L’urgence du refroidissement durable des centres de données
La chercheuse souligne un enjeu environnemental majeur : « Au Canada, 1% de l’électricité totale est consommée par des centres de données. » À l’échelle mondiale, ce chiffre atteint 5%, dont un tiers est dédié au refroidissement. Elle a calculé que l’émission de gaz à effet de serre associée équivaut à celle de 15 millions de véhicules par année.
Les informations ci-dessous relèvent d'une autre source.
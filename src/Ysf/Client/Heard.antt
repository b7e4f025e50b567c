-- ===== src/Ysf/Client/Heard.antt =====
-- A transmission as another client of the reflector hears it.
use svx_reflector_dashboard.Base.{
  ℕ, suc, ◌%◌, ◌≡◌, refl, ap, ◌∙◌, arith, Bool, true, false, none, some, List, [], ◌∷◌, ◌++◌,
  append_assoc, ◌==◌, if◌then◌else◌, length, All,
}
use svx_reflector_dashboard.Base.Buffer.{Bytes, make, length-make}
use svx_reflector_dashboard.Bridge.{equal_fold}
use svx_reflector_dashboard.Xlx.Slow.{pad_callsign}
use svx_reflector_dashboard.Xlx.Client.{trim_space}
use svx_reflector_dashboard.Ysf.Packet.{fi_header, fi_comm, fi_term, dt_vd2, YsfVoiceFrame}
use svx_reflector_dashboard.Ysf.Packet.RoundTrip.{parse_ysfd-build_ysfd, build_ysfd_tags}
use svx_reflector_dashboard.Ysf.Voice.{pack_vd2_ambe, extract_vd2_ambe}
use svx_reflector_dashboard.Ysf.Voice.RoundTrip.{
  IsFive, extract_vd2_ambe_five, length-pack_vd2_ambe,
}
use svx_reflector_dashboard.Ysf.Client.{
  Settings, Tx, all_calls, tx_packet, start_tx, send_voice, stop_tx, heard,
}

-- `SendVoice` for each packet's frames in turn.
unfoldable pub send_all : Settings → List (List Bytes) → Tx → Tx
send_all p [] tx = tx
send_all p (fs ∷ more) tx = send_all p more (send_voice p fs tx)

-- What is heard of a packet: its kind and number, the end mark, and the voice, if it carries any.
pub record Part : Type 0 where
  pub kind : ℕ
  pub number : ℕ
  pub ends : Bool
  pub voice : List Bytes

unfoldable pub part_of : YsfVoiceFrame → Part
part_of f = record {
  kind = f.fi;
  number = f.counter;
  ends = f.eot;
  voice = if f.fi == fi_comm then extract_vd2_ambe f.payload else [];
}

unfoldable pub listen : Settings → List Bytes → List Part
listen r [] = []
listen r (p ∷ ps) = elim (heard r p) [ none ↦ listen r ps | some f ↦ part_of f ∷ listen r ps ]

-- The sender's call is not the listener's own.
abbrev pub IsOther : Settings → Settings → Type 0
IsOther r p = equal_fold (trim_space (pad_callsign p.callsign 10)) r.callsign ≡ false

-- Packet `k` of a transmission and those behind it.
abbrev pub parts : (k : ℕ) → List (List Bytes) → List Part
parts k [] = record { kind = fi_term; number = k % 128; ends = true; voice = [] } ∷ []
parts k (fs ∷ more) =
    record { kind = fi_comm; number = k % 128; ends = false; voice = fs } ∷ parts (suc k) more

heard-tx_packet :
    (r p : Settings) (counter : ℕ) (eot : Bool) (fi fn : ℕ) (payload : Bytes)
    → IsOther r p
    → (length payload == 90) ≡ true
    → heard r (tx_packet p counter eot fi fn payload)
      ≡ some (record {
        src_gateway = pad_callsign p.callsign 10;
        src_radio = pad_callsign p.callsign 10;
        dest = pad_callsign all_calls 10;
        counter = counter % 128;
        eot = eot;
        fi = fi % 4;
        fn = fn % 8;
        ft = 6;
        dt = 2;
        dg_id = p.dgid % 128;
        payload = payload;
      })
unfolding heard tx_packet
heard-tx_packet r p counter eot fi fn payload own hp =
    let (a, b) =
      build_ysfd_tags p.callsign p.callsign all_calls counter eot fi fn 6 dt_vd2 p.dgid payload in
    rw
      (
        a,
        b,
        parse_ysfd-build_ysfd p.callsign p.callsign all_calls counter eot fi fn 6 dt_vd2 p.dgid
            payload hp,
        own,
      )
      refl

size_ninety : (n : ℕ) → n ≡ 90 → (n == 90) ≡ true
size_ninety n h = ground arith

listen-end :
    (r p : Settings) (k : ℕ) (tx : Tx)
    → IsOther r p
    → tx.tx_counter ≡ k % 128
    → listen r (tx_packet p tx.tx_counter true fi_term 0 (make 90) ∷ []) ≡ parts k []
unfolding listen part_of
listen-end r p k tx own number =
    let e : tx.tx_counter % 128 ≡ k % 128 = omega arith in
    rw
      (
        heard-tx_packet r p tx.tx_counter true fi_term 0 (make 90) own
            (size_ninety _ (length-make 90)),
        listen,
      )
      (ap (λ (n : ℕ). record { kind = fi_term; number = n; ends = true; voice = [] } ∷ []) e)

listen_comm :
    (r p : Settings) (k : ℕ) (tx : Tx) (fs : List Bytes) (rest : List Bytes)
    → IsOther r p
    → IsFive fs
    → tx.tx_counter ≡ k % 128
    → listen r (tx_packet p tx.tx_counter false fi_comm tx.tx_fn (pack_vd2_ambe fs) ∷ rest)
      ≡ record { kind = fi_comm; number = k % 128; ends = false; voice = fs } ∷ listen r rest
unfolding listen part_of
listen_comm r p k tx fs rest own five number =
    let e : tx.tx_counter % 128 ≡ k % 128 = omega arith in
    let payload = pack_vd2_ambe fs in
    rw
      (
        heard-tx_packet r p tx.tx_counter false fi_comm tx.tx_fn payload own
            (size_ninety _ (length-pack_vd2_ambe fs)),
        listen,
      )
      (rw (extract_vd2_ambe_five fs five) (
        ap
          (λ (n : ℕ).
            record { kind = fi_comm; number = n; ends = false; voice = fs } ∷ listen r rest)
          e))

listen-rest :
    (r p : Settings) (k : ℕ) (fss : List (List Bytes)) (tx : Tx) (before : List Bytes)
    → IsOther r p
    → All IsFive fss
    → tx.tx_counter ≡ k % 128
    → tx.sent ≡ before
    → (rest : List Bytes) × ((stop_tx p (send_all p fss tx)).sent ≡ before ++ rest)
      × (listen r rest ≡ parts k fss)
unfolding stop_tx send_all
listen-rest r p k [] tx before own five number so_far = (
  tx_packet p tx.tx_counter true fi_term 0 (make 90) ∷ [],
  ap (λ l. l ++ (tx_packet p tx.tx_counter true fi_term 0 (make 90) ∷ [])) so_far,
  listen-end r p k tx own number,
)
listen-rest r p k (fs ∷ fss) tx before own (five, more) number so_far =
    let pkt = tx_packet p tx.tx_counter false fi_comm tx.tx_fn (pack_vd2_ambe fs) in
    let (rest, sent, ih) =
      listen-rest r p (suc k) fss (send_voice p fs tx) (before ++ (pkt ∷ [])) own more
        (unfold send_voice in omega arith)
        (unfold send_voice in ap (λ (l : List Bytes). l ++ (pkt ∷ [])) so_far) in
    (
      pkt ∷ rest,
      sent ∙ append_assoc before (pkt ∷ []) rest,
      listen_comm r p k tx fs rest own five number
          ∙ ap
              (λ (l : List Part).
                record { kind = fi_comm; number = k % 128; ends = false; voice = fs } ∷ l)
              ih,
    )

-- A transmission of packets of five voice frames of 49 bits each: a client whose call is another hears
-- a header, then the voice unchanged, packet by packet in order, and a terminator with the end mark,
-- numbered 0, 1, 2 and so on modulo 128.
pub listen-parts :
    (r p : Settings) (fss : List (List Bytes)) (tx : Tx)
    → IsOther r p
    → All IsFive fss
    → tx.sent ≡ []
    → listen r (stop_tx p (send_all p fss (start_tx p tx))).sent
      ≡ record { kind = fi_header; number = 0; ends = false; voice = [] } ∷ parts 1 fss
unfolding start_tx part_of listen
listen-parts r p fss tx own five none_sent =
    let header = tx_packet p 0 false fi_header 0 (make 90) in
    let (rest, sent, heard_rest) =
      listen-rest r p 1 fss (start_tx p tx) (header ∷ []) own five (omega arith)
        (ap (λ (l : List Bytes). l ++ (header ∷ [])) none_sent) in
    ap (listen r) sent
    ∙ rw
        (
          heard-tx_packet r p 0 false fi_header 0 (make 90) own (size_ninety _ (length-make 90)),
          listen,
        )
        (rw heard_rest refl)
Face à ce défi, la Pre Karami développe une solution innovante basée sur le principe « utiliser la chaleur pour enlever la chaleur ». Au lieu d’utiliser l’électricité pour alimenter les pompes de refroidissement, son système utilise la chaleur perdue des processeurs pour faire fonctionner des micro-pompes thermiques. Cette approche pourrait considérablement réduire la consommation électrique des centres de données, un enjeu d’autant plus crucial avec l’expansion de l’intelligence artificielle et du calcul haute performance.
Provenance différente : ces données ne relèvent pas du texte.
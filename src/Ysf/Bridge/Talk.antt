-- ===== src/Ysf/Bridge/Talk.antt =====
-- A talk of the reflector as a client of the YSF network hears it.
use svx_reflector_dashboard.Base.{
  map-append, ℕ, zero, suc, ◌≡◌, refl, ap, ◌∙◌, arith, true, false, List, [], ◌∷◌, ◌++◌,
  append_assoc, append-nil, map, length, take, drop, All,
}
use svx_reflector_dashboard.Base.Buffer.{Bytes}
use svx_reflector_dashboard.Bridge.{Pcm, Codecs, Config, is_foreign}
use svx_reflector_dashboard.Bridge.Frames.{in_frames, encode_all}
use svx_reflector_dashboard.Bridge.Feed.{on_opus, flush, feed_all, samples, feed_all-flush}
use svx_reflector_dashboard.Ysf.Packet.{fi_header}
use svx_reflector_dashboard.Ysf.Voice.RoundTrip.{IsFrame, IsFive}
use svx_reflector_dashboard.Ysf.Client.{Settings, Tx, start_tx, send_voice, stop_tx}
use svx_reflector_dashboard.Ysf.Client.Heard.{send_all, listen, IsOther, parts, listen-parts}
use svx_reflector_dashboard.Ysf.Bridge.{
  Bridge, Effect, ysf_start_tx, ysf_stop_tx, ysf_send_voice, svx_talker_start, svx_talker_stop,
  svx_send_audio, redis_set_ex, redis_del, Event, svx_audio, talker_start, talker_stop,
  encode_chunks, on_svx_audio, on_talker_start, on_talker_stop, on_event, on_events,
}

-- The YSF client under the bridge.
unfoldable pub drive : Settings → List Effect → Tx → Tx
drive s [] tx = tx
drive s (ysf_start_tx ∷ more) tx = drive s more (start_tx s tx)
drive s (ysf_send_voice frames ∷ more) tx = drive s more (send_voice s frames tx)
drive s (ysf_stop_tx ∷ more) tx = drive s more (stop_tx s tx)
drive s (svx_talker_start ∷ more) tx = drive s more tx
drive s (svx_talker_stop ∷ more) tx = drive s more tx
drive s (svx_send_audio o ∷ more) tx = drive s more tx
drive s (redis_set_ex a b ∷ more) tx = drive s more tx
drive s (redis_del ∷ more) tx = drive s more tx

-- A talker's start, the frames, and the stop.
abbrev pub talk : ℕ → Bytes → List Bytes → List Event
talk tg cs os = talker_start tg cs ∷ (map svx_audio os ++ (talker_stop tg cs ∷ []))

drive-packets :
    (s : Settings) (packets : List (List Bytes)) (tx : Tx)
    → drive s (map ysf_send_voice packets ++ (ysf_stop_tx ∷ [])) tx
      ≡ stop_tx s (send_all s packets tx)
unfolding drive send_all
drive-packets s [] tx = refl
drive-packets s (p ∷ packets) tx = drive-packets s packets (send_voice s p tx)

module _ {D E V P : Type 0} (k : Codecs D E V P) (cfg : Config) where
  audio :
      (o : Bytes) (b : Bridge D E V P)
      → b.ysf_talking ≡ false
      → on_svx_audio k cfg o b ≡ (
        record b { feed = (on_opus k (encode_chunks k cfg 5) 800 o b.feed).0 },
        map ysf_send_voice (on_opus k (encode_chunks k cfg 5) 800 o b.feed).1,
      )
  unfolding on_svx_audio
  audio o b q = simp q

  talk_rest :
      (tg : ℕ) (cs : Bytes) (os : List Bytes) (b : Bridge D E V P)
      → is_foreign k cfg tg cs ≡ false
      → b.ysf_talking ≡ false
      → (on_events k cfg (map svx_audio os ++ (talker_stop tg cs ∷ [])) b).1
        ≡ map ysf_send_voice (
            (feed_all k (encode_chunks k cfg 5) 800 os b.feed).1
            ++ (flush k
                (encode_chunks k cfg 5)
                800
                (feed_all k (encode_chunks k cfg 5) 800 os b.feed).0).1)
          ++ (ysf_stop_tx ∷ [])
  unfolding on_events on_event on_talker_stop feed_all
  talk_rest tg cs [] b own q = rw own (append-nil _)
  talk_rest tg cs (o ∷ os) b own q =
      let enc = encode_chunks k cfg 5 in
      let a = (on_opus k enc 800 o b.feed).1 in
      let f1 = (on_opus k enc 800 o b.feed).0 in
      let c = (feed_all k enc 800 os f1).1 in
      let d = (flush k enc 800 (feed_all k enc 800 os f1).0).1 in
      let joined : map ysf_send_voice a ++ (map ysf_send_voice (c ++ d) ++ (ysf_stop_tx ∷ []))
          ≡ map ysf_send_voice ((a ++ c) ++ d) ++ (ysf_stop_tx ∷ []) =
        simp (map-append, append_assoc) in
      rw (audio o b q) (
        ap (λ (l : List Effect). map ysf_send_voice a ++ l)
          (talk_rest tg cs os (record b { feed = f1 }) own q)
        ∙ joined)

  five_frames :
      (n : ℕ) (v : V) (buf : Pcm)
      → ((v : V) (pcm : Pcm) → IsFrame (k.voc_encode v pcm).1)
      → (length (encode_chunks k cfg n v buf).1 ≡ n) × All IsFrame (encode_chunks k cfg n v buf).1
  unfolding encode_chunks
  five_frames zero v buf h = (refl, tt)
  five_frames (suc n) v buf h =
      let ih = five_frames n (k.voc_encode v (take 160 buf)).0 (drop 160 buf) h in
      (ap suc ih.0, (h v (take 160 buf), ih.1))

  encode_all-All :
      (blocks : List Pcm) (v : V)
      → ((v : V) (pcm : Pcm) → IsFrame (k.voc_encode v pcm).1)
      → All IsFive (encode_all (encode_chunks k cfg 5) v blocks)
  unfolding encode_all
  encode_all-All [] v h = tt
  encode_all-All (block ∷ blocks) v h =
      let five = five_frames 5 v block h in
      (
        record { five = five.0; each = five.1 },
        encode_all-All blocks (encode_chunks k cfg 5 v block).0 h,
      )

-- With a vocoder whose frames have 49 bits in seven bytes: a talk of another node on the bridge's
-- talkgroup, while no YSF stream is on, is heard by another client of the YSF network as a header, the
-- vocoder's frames of all the talk's samples (decoded, shaped and joined, then cut into blocks of 800
-- with the last one filled up with zeros, and each block into five frames), and a terminator, numbered
-- 0, 1, 2 and so on modulo 128, none lost and in order.
pub listen-drive :
    {D E V P : Type 0} (k : Codecs D E V P) (cfg : Config) (r p : Settings) (tg : ℕ) (cs : Bytes)
    (os : List Bytes) (b : Bridge D E V P) (tx : Tx)
    → ((v : V) (pcm : Pcm) → IsFrame (k.voc_encode v pcm).1)
    → is_foreign k cfg tg cs ≡ false
    → b.ysf_talking ≡ false
    → IsOther r p
    → tx.sent ≡ []
    → (let pcm = samples k b.feed.opus_dec (k.reset b.feed.shaper) os in
        listen r (drive p (on_events k cfg (talk tg cs os) b).1 tx).sent
        ≡ record { kind = fi_header; number = 0; ends = false; voice = [] }
          ∷ parts 1
              (encode_all (encode_chunks k cfg 5) b.feed.vocoder (in_frames 800 (length pcm) pcm)))
unfolding on_events on_event on_talker_start
listen-drive k cfg r p tg cs os b tx frames own idle other none_sent =
    let enc = encode_chunks k cfg 5 in
    let f0 = record b.feed { shaper = k.reset b.feed.shaper; buffer = [] } in
    let b0 = record b { svx_talking = true; feed = f0 } in
    let pcm = samples k b.feed.opus_dec (k.reset b.feed.shaper) os in
    let packets = encode_all enc b.feed.vocoder (in_frames 800 (length pcm) pcm) in
    let whole =
      feed_all-flush k enc 800 (omega arith) os f0 (length pcm) (omega arith) (omega arith) in
    rw (own, talk_rest k cfg tg cs os b0 own idle, whole)
      (unfold drive in
        ap (λ (t : Tx). listen r t.sent) (drive-packets p packets (start_tx p tx))
        ∙ listen-parts r p packets tx other
            (encode_all-All k cfg (in_frames 800 (length pcm) pcm) b.feed.vocoder frames) none_sent)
Les travaux récents de la Pre Karami sur l’amélioration du changement de phase dans les microcanaux montrent des résultats prometteurs. En intégrant des chemins capillaires gravés dans le silicium, elle a réussi à augmenter l’amplitude des oscillations de 1,6 à 4 mm, multipliant par cinq la puissance générée (de 8 à 40 µW).
La microfluidique au service de la santé
Parallèlement à ses travaux sur l’énergie, la Pre Karami développe des dispositifs de diagnostic médical de type « lab-on-a-chip ». Ces circuits microfluidiques permettent de réaliser des tests rapides avec une sensibilité supérieure aux tests papier conventionnels. « Avec une imprimante 3D qui coûte seulement 300 dollars, on peut fabriquer une dizaine de dispositifs en 30 minutes », souligne-t-elle, mettant en avant l’accessibilité de cette technologie.
Photo : Michel Caron - UdeS
Le défi principal reste l’automatisation complète du processus pour rendre ces dispositifs utilisables par le grand public. Les circuits qu’elle développe intègrent des micro-vannes et des éléments fluidiques permettant de distribuer automatiquement différents liquides (échantillon, anticorps, enzyme, substrat) dans le bon ordre pour effectuer des tests de type ELISA (Enzyme-Linked Immunosorbent Assay). Cette méthode de test immuno-enzymatique est une méthode de laboratoire utilisée pour détecter et quantifier des substances telles que des protéines, des anticorps ou des antigènes dans un échantillon, grâce à la réaction entre un anticorps et une enzyme qui produit un signal calorimétrique.
Perspectives
Aujourd'hui membre du LN2, la Pre Karami incarne l'esprit d'innovation et de collaboration qui caractérise le laboratoire. Son approche multidisciplinaire, passant du génie chimique au génie mécanique puis au génie biomédical, enrichit l'écosystème de recherche sherbrookois. « Je crois que pour moi, il n'existe pas de zone de confort. Je suis toujours hors de ça », affirme-t-elle avec conviction
Avec ses projets émergents dans l'industrie satellitaire et les moteurs à combustion propre, elle continue d'explorer de nouveaux horizons depuis Sherbrooke. « Petite échelle, grand impact », conclut-elle, une philosophie qui guide non seulement ses recherches, mais aussi son parcours personnel au Québec, où elle a transformé les défis linguistiques et culturels en opportunités d'enrichissement mutuel.